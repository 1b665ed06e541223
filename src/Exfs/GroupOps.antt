-- ===== src/Exfs/GroupOps.antt =====
-- source/core/exfs/gmap.c: the cache of group bitmaps, and the operations of the map through it.
use xasmos.Base.{
  ℕ, zero, suc, ◌+◌, ◌-◌, ◌*◌, ◌/◌, ◌%◌, ◌^◌, ◌≤◌, ◌<◌, ◌≡◌, arith, Bool, true, false, not, ◌&&◌,
  ◌||◌, Option, none, some, ltb, leb, ◌==◌, if◌then◌else◌, add32, add64, bit_and, update, for_up,
}
use xasmos.Block.Device.{BlkDev, blk_sector_size}
use xasmos.Exfs.Format.{block_size}
use xasmos.Exfs.GroupMap.{
  GMap, GMapEntry, GmapStatus, done, io_error, no_space, not_used, cache_size, max_groups,
  group_min, group_max, valid_bits, bit_of, bit_put, gread, other_slot, flush_one, drop_cache,
  gmap_import,
}

-- `none` is GMAP_EIO. What `m` held before shows only in the contents of the cache.
unfoldable pub gmap_init {ℓ} :
    {D : Type ℓ} → Option (BlkDev D) → ℕ → ℕ → (ℕ → GMapEntry) → Option (GMap D)
gmap_init none total group_blocks cache = none
gmap_init (some d) total group_blocks cache =
    let ng = add64 total (group_blocks - 1) / group_blocks in
    let ss = blk_sector_size (some d) in
    if ltb group_blocks group_min || ltb group_max group_blocks
    then none
    else if not (bit_and group_blocks (group_blocks - 1) == 0)
    then none
    else if (ng == 0) || ltb max_groups ng
    then none
    else if (ss == 0) || not (block_size % ss == 0)
    then none
    else some (record {
      dev = d;
      spb = block_size / ss;
      total = total;
      gb = group_blocks;
      ngroups = ng;
      slot = λ _. 0;
      written = λ _. false;
      free = λ _. 0;
      cache = drop_cache cache;
      clock = 0;
    })

-- `m->cache[i].stamp = ++m->clock`
abbrev pub touch {ℓ} : {D : Type ℓ} → ℕ → GMap D → GMap D
touch i m =
    let now = add32 m.clock 1 in
    record m { clock = now; cache = update m.cache i (record (m.cache i) { stamp = now }) }

-- The first loop of `load`: the entry that holds group `g`.
unfoldable pub find_cached : ℕ → ℕ → ℕ → (ℕ → GMapEntry) → Option ℕ
find_cached zero i g cache = none
find_cached (suc n) i g cache =
    let rest = find_cached n (i + 1) g cache in
    if (cache i).valid && ((cache i).g == g) then some i else rest

-- The second loop: the first invalid entry, or the one with the oldest stamp. The victim so far
-- comes in.
unfoldable pub find_victim : ℕ → ℕ → Option ℕ → (ℕ → GMapEntry) → Option ℕ
find_victim zero i v cache = v
find_victim (suc n) i v cache =
    let older : Option ℕ = elim v [
      | none ↦ some i
      | some w ↦ if ltb (cache i).stamp (cache w).stamp then some i else some w
    ] in
    let rest = find_victim n (i + 1) older cache in if not (cache i).valid then some i else rest

abbrev pub drop_entry {ℓ} : {D : Type ℓ} → ℕ → GMap D → GMap D
drop_entry i m = record m { cache = update m.cache i (record (m.cache i) { valid = false }) }

-- The group is read into entry `v`, from its pending slot once this transaction has written it.
unfoldable pub fill_entry {ℓ} : {D : Type ℓ} → ℕ → ℕ → GMap D → Option ℕ × GMap D
fill_entry v g m =
    let src = if m.written g then other_slot (m.slot g) else m.slot g in
    let (read, bits) = gread g src (m.cache v).bits m in
    let now = add32 m.clock 1 in
    let filled : GMapEntry = record {
      bits = bits;
      g = g;
      valid = true;
      dirty = false;
      stamp = now;
    } in
    let failed : GMapEntry = record (m.cache v) { bits = bits; valid = false } in
    if read
    then (some v, record m { clock = now; cache = update m.cache v filled })
    else (none, record m { cache = update m.cache v failed })

-- A dirty victim goes to its pending slot first.
unfoldable pub evict_and_fill {ℓ} : {D : Type ℓ} → ℕ → ℕ → GMap D → Option ℕ × GMap D
evict_and_fill v g m =
    let (flushed, m') = flush_one v m in
    if (m.cache v).valid && (m.cache v).dirty
    then (if flushed then fill_entry v g m' else (none, drop_entry v m'))
    else fill_entry v g m

unfoldable pub load_into {ℓ} : {D : Type ℓ} → Option ℕ → ℕ → GMap D → Option ℕ × GMap D
load_into none g m = (none, m)
load_into (some v) g m = evict_and_fill v g m

-- The cache entry of group `g`; `none` is the null pointer.
unfoldable pub load {ℓ} : {D : Type ℓ} → ℕ → GMap D → Option ℕ × GMap D
load g m = elim (find_cached cache_size 0 g m.cache) [
  | some i ↦ (some i, touch i m)
  | none ↦ load_into (find_victim cache_size 0 none m.cache) g m
]

unfoldable pub flush_from {ℓ} : {D : Type ℓ} → ℕ → ℕ → GMap D → GmapStatus × GMap D
flush_from zero i m = (done, m)
flush_from (suc n) i m =
    let (wrote, m') = flush_one i m in
    let clean = flush_from n (i + 1) m in
    let flushed = flush_from n (i + 1) m' in
    if (m.cache i).valid && (m.cache i).dirty
    then (if wrote then flushed else (io_error, m'))
    else clean

unfoldable pub gmap_flush {ℓ} : {D : Type ℓ} → GMap D → GmapStatus × GMap D
gmap_flush m = flush_from cache_size 0 m

-- The two tables that the superblock must hold.
unfoldable pub gmap_export {ℓ} : {D : Type ℓ} → GMap D → (ℕ → ℕ) → (ℕ → ℕ) → (ℕ → ℕ) × (ℕ → ℕ)
gmap_export m slot free = (
  λ g.
      if ltb g m.ngroups then (if m.written g then other_slot (m.slot g) else m.slot g) else slot g,
  λ g. if ltb g m.ngroups then m.free g else free g,
)

unfoldable pub gmap_commit {ℓ} : {D : Type ℓ} → GMap D → GMap D
gmap_commit m = record m {
  slot = λ g. if ltb g m.ngroups && m.written g then other_slot (m.slot g) else m.slot g;
  written = λ g. if ltb g m.ngroups then false else m.written g;
}

-- while (i < valid && bit_of(bits, i)) i++, with `n` rounds left
unfoldable pub skip_used : ℕ → ℕ → (ℕ → ℕ) → ℕ
skip_used zero i bits = i
skip_used (suc n) i bits = let rest = skip_used n (i + 1) bits in if bit_of bits i then rest else i

-- The loop that takes free blocks from `j` on: rounds left, and the end with the bits.
unfoldable pub take_free : ℕ → ℕ → (ℕ → ℕ) → ℕ × (ℕ → ℕ)
take_free zero j bits = (j, bits)
take_free (suc n) j bits =
    let rest = take_free n (j + 1) (bit_put bits j true) in
    if bit_of bits j then (j, bits) else rest

-- GMAP_OK with the first block and the length, or an error.
pub data Taken : Type 0 where
  got : ℕ → ℕ → Taken
  missed : GmapStatus → Taken

abbrev pub smaller : ℕ → ℕ → ℕ
smaller a b = if ltb a b then a else b

-- The part of the loop body of `gmap_take` behind `load`; `none` is `continue`.
unfoldable pub take_in {ℓ} : {D : Type ℓ} → ℕ → ℕ → ℕ → Option ℕ → GMap D → Option Taken × GMap D
take_in g from need none m = (some (missed io_error), m)
take_in g from need (some e) m =
    let valid = valid_bits m g in
    let i = skip_used (valid - from) from (m.cache e).bits in
    let (j, bits) = take_free (smaller (valid - i) need) i (m.cache e).bits in
    let used : GMapEntry = record (m.cache e) { bits = bits; dirty = true } in
    if i == valid then (none, m) else (
      some (got (g * m.gb % 2 ^ 64 + i) (j - i)),
      record m {
        cache = update m.cache e used;
        free = update m.free g ((m.free g + 2 ^ 32 - (j - i)) % 2 ^ 32);
      },
    )

unfoldable pub take_from {ℓ} : {D : Type ℓ} → ℕ → ℕ → ℕ → ℕ → ℕ → GMap D → Taken × GMap D
take_from zero k g0 off0 need m = (missed no_space, m)
take_from (suc n) k g0 off0 need m =
    let g = add32 g0 k % m.ngroups in
    let (e, m') = load g m in
    let (r, m'') = take_in g (if k == 0 then off0 else 0) need e m' in
    let full = take_from n (k + 1) g0 off0 need m in
    let next = take_from n (k + 1) g0 off0 need m'' in
    let tried : Taken × GMap _ = elim r [ none ↦ next | some t ↦ (t, m'') ] in
    if m.free g == 0 then full else tried

unfoldable pub gmap_take {ℓ} : {D : Type ℓ} → ℕ → ℕ → GMap D → Taken × GMap D
gmap_take hint need m =
    let g0 = hint / m.gb % 2 ^ 32 in
    let outside = leb m.ngroups g0 in
    if need == 0
    then (missed no_space, m)
    else take_from (m.ngroups + 1) 0 (if outside then 0 else g0)
        (if outside then 0 else hint % m.gb) need m

-- The part of the loop body of `gmap_release` behind `load`.
unfoldable pub release_in {ℓ} : {D : Type ℓ} → ℕ → ℕ → Option ℕ → GMap D → GmapStatus × GMap D
release_in g i none m = (io_error, m)
release_in g i (some e) m =
    let cleared : GMapEntry = record (m.cache e) {
      bits = bit_put (m.cache e).bits i false;
      dirty = true;
    } in
    if not (bit_of (m.cache e).bits i) then (not_used, m) else (
      done,
      record m { cache = update m.cache e cleared; free = update m.free g (add32 (m.free g) 1) },
    )

abbrev pub is_done : GmapStatus → Bool
is_done done = true
is_done s = false

unfoldable pub gmap_release {ℓ} : {D : Type ℓ} → ℕ → ℕ → GMap D → GmapStatus × GMap D
gmap_release start zero m = (done, m)
gmap_release start (suc len) m =
    let g = start / m.gb % 2 ^ 32 in
    let (e, m') = load g m in
    let (rc, m'') = release_in g (start % m.gb) e m' in
    let rest = gmap_release (start + 1) len m'' in if is_done rc then rest else (rc, m'')

-- `none` is GMAP_EIO.
unfoldable pub gmap_is_used {ℓ} : {D : Type ℓ} → ℕ → GMap D → Option Bool × GMap D
gmap_is_used block m =
    let (e, m') = load (block / m.gb % 2 ^ 32) m in
    (elim e [ none ↦ none | some i ↦ some (bit_of (m'.cache i).bits (block % m.gb)) ], m')

unfoldable pub gmap_free_total {ℓ} : {D : Type ℓ} → GMap D → ℕ
gmap_free_total m = for_up m.ngroups 0 (λ g n. add64 n (m.free g)) 0

-- For a group of the map whose slot is 0 or 1, and a map of as many groups: the slot that
-- `gmap_export` gives the superblock is the one that `gmap_commit` leaves in memory, and after
-- `gmap_import` of the exported tables the group has the slot, the free count and the clean mark
-- that the commit leaves.
pub import-export {ℓ} :
    {D : Type ℓ} (m m0 : GMap D) (slot free : ℕ → ℕ) (g : ℕ)
    → m0.ngroups ≡ m.ngroups
    → g < m.ngroups
    → m.slot g ≤ 1
    → let e = gmap_export m slot free in
      let mounted = gmap_import e.0 e.1 m0 in
      (e.0 g ≡ (gmap_commit m).slot g)
      × (mounted.slot g ≡ (gmap_commit m).slot g)
      × (mounted.free g ≡ (gmap_commit m).free g)
      × (mounted.written g ≡ (gmap_commit m).written g)
unfolding gmap_export gmap_commit gmap_import
import-export m m0 slot free g same inside small =
    (ground arith, ground arith, ground arith, ground arith)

◆ **WHAT TO WORK ON**: Reproduce the lines above, beginning at the line with "-- The loop" and stopping after the line with "unfoldable pub take_in", exactly as they are.

◆ **SOLUTION TO THIS PROBLEM**:
-- The loop that takes free blocks from `j` on: rounds left, and the end with the bits.
unfoldable pub take_free : ℕ → ℕ → (ℕ → ℕ) → ℕ × (ℕ → ℕ)
take_free zero j bits = (j, bits)
take_free (suc n) j bits =
    let rest = take_free n (j + 1) (bit_put bits j true) in
    if bit_of bits j then (j, bits) else rest

-- GMAP_OK with the first block and the length, or an error.
pub data Taken : Type 0 where
  got : ℕ → ℕ → Taken
  missed : GmapStatus → Taken

abbrev pub smaller : ℕ → ℕ → ℕ
smaller a b = if ltb a b then a else b

-- The part of the loop body of `gmap_take` behind `load`; `none` is `continue`.
unfoldable pub take_in {ℓ} : {D : Type ℓ} → ℕ → ℕ → ℕ → Option ℕ → GMap D → Option Taken × GMap D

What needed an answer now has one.